Though actually not more than a few seconds, it seemed to Cara an eternity before the huge wave which had engulfed Ann spent itself. Then, as it receded she discerned her figure struggling in the backwash, and as the girl at last dragged herself to her knees Cara rushed waist-deep into the foaming, eddying flood in a plucky effort to reach her. But, before she could get near enough, the suction of the retreating wave had swept Ann out of her reach and the next incoming breaker thundered over her again. Cara herself barely escaped its savage onslaught, and as she staggered into safety she turned a desperate, agonised face seaward. Brett was still some yards away, and Ann would die—die with succour almost at hand! Her own helplessness drove her nearly frantic. She was beating her hands together and quite unconsciously repeating Brett’s name over and over in a sick agony of urgency.

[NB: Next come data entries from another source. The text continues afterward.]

-- ===== src/RenPy/Entries.antt =====
-- src/modules/renpy/renpy.cpp: the loop of `list_files` over the index, and its decoder.
pub mod Keyed
use observer_modules.Prelude.{none, ℕ, List, [], ◌∷◌, length, bit_xor}
use observer_modules.Prelude.Int.{ℤ, pos, ◌-ℤ◌}
use observer_modules.Prelude.Words.{to_int64, to_uint64}
use observer_modules.Failure.{runtime_error, Result, ok, throw, ◌>>=◌}
use observer_modules.Extractor.{File}
use observer_modules.RenPy.Pickle.Value.{
  null, Items, nil, cons, Fields, end, field, as_int64, as_string, as_list, as_tuple,
}

-- The function that `parse_header` returns beside the offset.
pub data Decoder : Type 0 where
  plain : Decoder
  keyed : ℤ → Decoder

abbrev pub xor_int64 : ℤ → ℤ → ℤ
xor_int64 a b = to_int64 (bit_xor (to_uint64 a) (to_uint64 b))

unfoldable pub decode : Decoder → ℤ × ℤ → ℤ × ℤ
decode plain extent = extent
decode (keyed key) (offset, length) = (xor_int64 offset key, xor_int64 length key)

-- The header string of an entry: the third element, unless it is None.
unfoldable pub header_of : Items → Result (List ℕ)
header_of nil = ok []
header_of (cons null rest) = ok []
header_of (cons v rest) = as_string v

-- An element of the tuple, then one more, then the header.
unfoldable pub entry_of_props : Decoder → List ℕ → Items → Result File
unfolding header_of as_int64
entry_of_props decoder file_name (cons first (cons second rest)) = do
  offset ← as_int64 first
  body ← as_int64 second
  header ← header_of rest
  let (at, body_size) = decode decoder (offset, body)
  ok (record {
    path = file_name;
    header = header;
    offset = at;
    compressed_body_size_in_bytes = body_size -ℤ pos (length header);
    uncompressed_body_size_in_bytes = body_size -ℤ pos (length header);
    magic = 0;
    extract = none;
  })
entry_of_props decoder file_name props =
    throw (runtime_error "Expected at least 2 elements in tuple")

-- The list of one tuple that stands for a file.
unfoldable pub entry_of_list : Decoder → List ℕ → Items → Result File
unfolding entry_of_props as_tuple
entry_of_list decoder file_name (cons only nil) = do
  props ← as_tuple only
  entry_of_props decoder file_name props
entry_of_list decoder file_name props_container =
    throw (runtime_error "Expected exactly one property tuple")

-- The loop over the index.
unfoldable pub entries_of : Decoder → Fields → Result (List File)
unfolding entry_of_list as_list
entries_of decoder end = ok []
entries_of decoder (field file_name value rest) = do
  props_container ← as_list value
  item ← entry_of_list decoder file_name props_container
  files ← entries_of decoder rest
  ok (item ∷ files)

“Brett! Brett! God, let him come in time!... Brett! Brett! Brett!...”

The retreating wave revealed once more the slight girl-figure, spent and effortless this time, tossing impotently in the churning backwash. Forrester would be too late! A third wave would batter the life out of that fragile body. Cara’s voice died into a strangled sob of despair.

... And then came the sound of racing footsteps, something passed her like a flash, and the white spray flew up in a dense cloud as a tall figure hurled itself headlong into the sea. For an instant Cara could distinguish nothing but a dark blot and the blur of flying spume as it spattered against her face. Then, with a shaking cry of utter thankfulness, she saw Eliot Coventry come striding out from amid the maelstrom of surging waters, bearing Ann’s unconscious form in his arms.

He carried her swiftly beyond reach of the hungry, devouring waves and, laying her down on the sand, tore off his coat and placed it beneath her head. At the same moment Forrester reached the shore and raced towards them, and as Eliot straightened himself it was to meet the other man’s eyes blazing into his—savage, challenging eyes, like those of a tiger robbed of its prey. For an instant the two men remained staring straight into each other’s faces, while on the ground between them lay Ann’s slender, white-limbed body, limp and unconscious.

To Cara, hurrying towards them as fast as the wet skirts which clung about her would allow, the brief scene seemed like a picture flung vividly upon a screen. In that moment of fierce stress the innermost thoughts of the two men were nakedly revealed upon their faces—if not to each other, at least to the clear, unerring vision of the woman, who caught her breath sharply between her teeth in a sudden blinding flash of enlightenment.

The little group seemed to her symbolical—the two men standing face to face like hostile forces, with the young, girlish figure lying helplessly between them.